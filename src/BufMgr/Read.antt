-- ===== src/BufMgr/Read.antt =====
-- readPage of src/buffer.cpp: a hit pins the frame, a miss loads the page.
use cs564_project.Prelude.{
  ℕ, ◌+◌, ◌<◌, ◌≡◌, refl, ◌≢◌, ◌⊎◌, inl, inr, none, some, true, arith, Option-cases, ℕ_discrete,
  set-set, sym,
}
use mathlib.Core.Path.{subst}
use cs564_project.Exceptions.{Exception, Result, ok, err, buffer_exceeded, hash_not_found}
use cs564_project.Effects.{bind_result, Outcome}
use cs564_project.Files.{Files}
use cs564_project.HashTbl.Laws.{view, lookup-view}
use cs564_project.BufMgr.State.{BufDesc, BufMgr, desc, page_at, assign, set_desc}
use cs564_project.BufMgr.Calls.{load, read_page, lookup_pin, lookup_frame, pin, mark_referenced}
use cs564_project.BufMgr.Inv.{Inv, desc-set_desc, desc-set_desc_self, touch-Inv, with_store-Inv}
use cs564_project.BufMgr.Sweep.{IsPinned, IsFree, SameUse, Swept}
use cs564_project.BufMgr.Alloc.{AllPinned}
use cs564_project.BufMgr.Evict.{Freed, Refused}
use cs564_project.BufMgr.Load.{
  Loaded, loaded, unreadable, unwritable, unallocated, Filled, load-Loaded,
}

module _ {files : Files} where
  -- Pinned frames other than `k` keep their page, their contents and their counters.
  pub record Stable (s : BufMgr files) (k : ℕ) (t : BufMgr files) : Type 0 where
    pub uses : (j : ℕ) → j ≢ k → IsPinned (desc s j) → SameUse (desc s j) (desc t j)
    pub pages : (j : ℕ) → j ≢ k → IsPinned (desc s j) → page_at t j ≡ page_at s j

  -- A call of `readPage` that returns frame `k`.
  pub record Served (s : BufMgr files) (f p k : ℕ) (t : BufMgr files) : Type 0 where
    pub inv : Inv t
    pub entry : view t.hash_table f p ≡ some k
    pub used : (desc t k).valid ≡ true
    pub file : (desc t k).file ≡ f
    pub page_no : (desc t k).page_no ≡ p
    pub referenced : (desc t k).refbit ≡ true
    pub contents :
        ((view s.hash_table f p ≡ some k)
          × ((desc t k).pin_cnt ≡ (desc s k).pin_cnt + 1)
          × (page_at t k ≡ page_at s k)
          × (t.store ≡ s.store))
        ⊎ ((view s.hash_table f p ≡ none)
            × IsFree (desc s k)
            × ((desc t k).pin_cnt ≡ 1)
            × (files.read_page t.store f p ≡ ok (page_at t k)))
    pub stable : Stable s k t

  -- A call that throws: the page was not in the pool, and no pinned frame has changed.
  pub record Unserved (s : BufMgr files) (f p : ℕ) (e : Exception) (t : BufMgr files) : Type 0 where
    pub inv : Inv t
    pub absent : view s.hash_table f p ≡ none
    pub why :
        ((e ≡ buffer_exceeded) × AllPinned s)
        ⊎ ((k : ℕ) × Refused s k e
            × (t.store ≡ files.unwritten s.store (desc s k).file (page_at s k)))
        ⊎ ((st : files.Store) × (files.read_page st f p ≡ err e) × (t.store ≡ files.unread st f p))
    pub uses : (j : ℕ) → IsPinned (desc s j) → SameUse (desc s j) (desc t j)
    pub pages : (j : ℕ) → page_at t j ≡ page_at s j

  hit-Served :
      (s : BufMgr files) (f p k : ℕ)
      → Inv s
      → view s.hash_table f p ≡ some k
      → Served s f p k
          (set_desc k (record (desc s k) { pin_cnt = (desc s k).pin_cnt + 1; refbit = true }) s)
  hit-Served s f p k v there =
      let d : BufDesc = record (desc s k) { pin_cnt = (desc s k).pin_cnt + 1; refbit = true } in
      let (h, used, file, page) = v.owned f p k there in
      record {
        inv = touch-Inv k d v h used used refl refl refl;
        entry = there;
        used = rw (desc-set_desc k k d v h) (ground arith);
        file = rw (desc-set_desc k k d v h) (ground arith);
        page_no = rw (desc-set_desc k k d v h) (ground arith);
        referenced = rw (desc-set_desc k k d v h) (ground arith);
        contents = inl (there, rw (desc-set_desc k k d v h) (ground arith), refl, refl);
        stable = record {
          uses = λ j ne _. rw (desc-set_desc k j d v h) (ground arith);
          pages = λ j ne _. refl;
        };
      }

  miss-Served :
      (s m t : BufMgr files) (f p k : ℕ) (pg : files.Page)
      → view s.hash_table f p ≡ none
      → Freed s k m
      → files.read_page m.store f p ≡ ok pg
      → Filled m k f p pg t
      → Served s f p k (set_desc k (record (desc t k) { refbit = true }) t)
  unfolding assign
  miss-Served s m t f p k pg absent fr reads fl =
      let d : BufDesc = record (desc t k) { refbit = true } in
      let h : k < t.num_bufs = ground (arith, fr.bound, fr.num_bufs, fl.num_bufs) in
      let own = fl.descs k in
      let used : (desc t k).valid ≡ true = ground (arith, own) in
      record {
        inv = touch-Inv k d fl.inv h used used refl refl refl;
        entry = ground (arith, fl.table.reads f p);
        used = rw (desc-set_desc k k d fl.inv h) (ground (arith, own));
        file = rw (desc-set_desc k k d fl.inv h) (ground (arith, own));
        page_no = rw (desc-set_desc k k d fl.inv h) (ground (arith, own));
        referenced = rw (desc-set_desc k k d fl.inv h) (ground (arith, own));
        contents = inr (
          absent,
          fr.victim,
          rw (desc-set_desc k k d fl.inv h) (ground (arith, own)),
          ground (arith, fl.pages k, fl.store),
        );
        stable = record {
          uses = λ j ne _.
              rw (desc-set_desc k j d fl.inv h) (ground (arith, fl.descs j, fr.others j ne));
          pages = λ j ne _. ground (arith, fl.pages j, fr.pool);
        };
      }

  Swept-Unserved :
      (s t : BufMgr files) (f p : ℕ)
      → view s.hash_table f p ≡ none
      → Swept s t
      → AllPinned s
      → Unserved s f p buffer_exceeded t
  Swept-Unserved s t f p absent w all = record {
    inv = w.inv;
    absent = absent;
    why = inl (refl, all);
    uses = λ j _. w.uses j;
    pages = λ j. ground (arith, w.pool);
  }

  Refused-Unserved :
      (s t : BufMgr files) (st : files.Store) (f p k : ℕ) (e : Exception)
      → view s.hash_table f p ≡ none
      → Swept s t
      → Refused s k e
      → st ≡ files.unwritten s.store (desc s k).file (page_at s k)
      → Unserved s f p e (record t { store = st })
  Refused-Unserved s t st f p k e absent w refused left = record {
    inv = with_store-Inv st w.inv;
    absent = absent;
    why = inr (inl (k, refused, left));
    uses = λ j _. w.uses j;
    pages = λ j. ground (arith, w.pool);
  }

  Freed-Unserved :
      (s m : BufMgr files) (f p k : ℕ) (e : Exception)
      → view s.hash_table f p ≡ none
      → Freed s k m
      → files.read_page m.store f p ≡ err e
      → Unserved s f p e (record m { store = files.unread m.store f p })
  Freed-Unserved s m f p k e absent fr fails = record {
    inv = with_store-Inv (files.unread m.store f p) fr.inv;
    absent = absent;
    why = inr (inr (m.store, fails, refl));
    uses = λ j pinned. elim (ℕ_discrete j k) [
      | yes same ↦ absurd (ground (arith, fr.victim, same))
      | no other ↦ fr.others j other
    ];
    pages = λ j. ground (arith, fr.pool);
  }

  abbrev pub Answers : BufMgr files → ℕ → ℕ → Result ℕ × BufMgr files → Type 0
  Answers s f p = Outcome (Served s f p) (Unserved s f p)

  pub lookup_pin-hit :
      (s : BufMgr files) (f p k : ℕ)
      → view s.hash_table f p ≡ some k
      → lookup_pin f p s
        ≡ (ok k, set_desc k (record (desc s k) { pin_cnt = (desc s k).pin_cnt + 1 }) s)
  unfolding lookup_pin lookup_frame pin
  lookup_pin-hit s f p k there = ground (arith, lookup-view s.hash_table f p)

  pub lookup_pin-miss :
      (s : BufMgr files) (f p : ℕ)
      → view s.hash_table f p ≡ none
      → lookup_pin f p s ≡ (err (hash_not_found f p), s)
  unfolding lookup_pin lookup_frame
  lookup_pin-miss s f p absent = ground (arith, lookup-view s.hash_table f p)

  -- Pinning and then marking a frame is one write of its descriptor.
  pub pin_mark :
      (s : BufMgr files) (k : ℕ)
      → Inv s
      → k < s.num_bufs
      → (mark_referenced k
          (set_desc k (record (desc s k) { pin_cnt = (desc s k).pin_cnt + 1 }) s)).1
        ≡ set_desc k (record (desc s k) { pin_cnt = (desc s k).pin_cnt + 1; refbit = true }) s
  unfolding mark_referenced
  pin_mark s k v h =
      let d : BufDesc = record (desc s k) { pin_cnt = (desc s k).pin_cnt + 1 } in
      rw (desc-set_desc_self k d v h, set-set)

  unfoldable pub finish : Result ℕ × BufMgr files → Result ℕ × BufMgr files
  finish r = bind_result r (λ k t. bind_result (mark_referenced k t) (λ _ u. (ok k, u)))

  read_miss_from :
      (s : BufMgr files) (f p : ℕ) (r : Result ℕ × BufMgr files)
      → view s.hash_table f p ≡ none
      → Loaded s f p r
      → Answers s f p (finish r)
  unfolding finish mark_referenced
  read_miss_from s f p _ absent (loaded k m pg t fr reads fl) =
      miss-Served s m t f p k pg absent fr reads fl
  read_miss_from s f p _ absent (unreadable k m e fr fails) =
      Freed-Unserved s m f p k e absent fr fails
  read_miss_from s f p _ absent (unwritable k e t st w x left) =
      Refused-Unserved s t st f p k e absent w x left
  read_miss_from s f p _ absent (unallocated t w all) = Swept-Unserved s t f p absent w all

  -- `readPage` on a page of the pool.
  read_hit :
      (s : BufMgr files) (f p k : ℕ)
      → Inv s
      → view s.hash_table f p ≡ some k
      → Answers s f p (read_page f p s)
  unfolding read_page mark_referenced
  read_hit s f p k v there =
      let (h, _, _, _) = v.owned f p k there in
      rw (lookup_pin-hit s f p k there)
        (subst (Served s f p k) (sym (pin_mark s k v h)) (hit-Served s f p k v there))

  read_miss :
      (s : BufMgr files) (f p : ℕ)
      → Inv s
      → view s.hash_table f p ≡ none
      → Answers s f p (read_page f p s)
  unfolding read_page finish
  read_miss s f p v absent =
      rw (lookup_pin-miss s f p absent)
        (read_miss_from s f p (load f p s) absent (load-Loaded s f p v absent))

  -- In a state of the invariant, `readPage` returns a referenced frame that holds the page and keeps
  -- the invariant. On a hit it is the frame of the page with one pin more, its contents and the store
  -- the same; on a miss it is a frame that was free, pinned once, with what the file gives. Or it
  -- throws, on a miss: because every frame is pinned, because the write of a dirty victim is refused,
  -- or because the file does not give the page; then the store is what the File call left. The other pinned frames keep page, contents and pins.
  pub read_page-Answers : (s : BufMgr files) (f p : ℕ) → Inv s → Answers s f p (read_page f p s)
  read_page-Answers s f p v = elim (Option-cases (view s.hash_table f p)) [
    | inl absent ↦ read_miss s f p v absent
    | inr (k, there) ↦ read_hit s f p k v there
  ]

  Answers-Inv :
      (s : BufMgr files) (f p : ℕ) (r : Result ℕ × BufMgr files) → Answers s f p r → Inv r.1
  Answers-Inv s f p (ok k, t) a = a.inv
  Answers-Inv s f p (err e, t) a = a.inv

  pub read_page-Inv : (s : BufMgr files) (f p : ℕ) → Inv s → Inv (read_page f p s).1
  read_page-Inv s f p v = Answers-Inv s f p (read_page f p s) (read_page-Answers s f p v)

- **Task brief**:
Look through the entries and give the number of lines containing the word "what". Add nothing else.

- **Exercise answer**:
2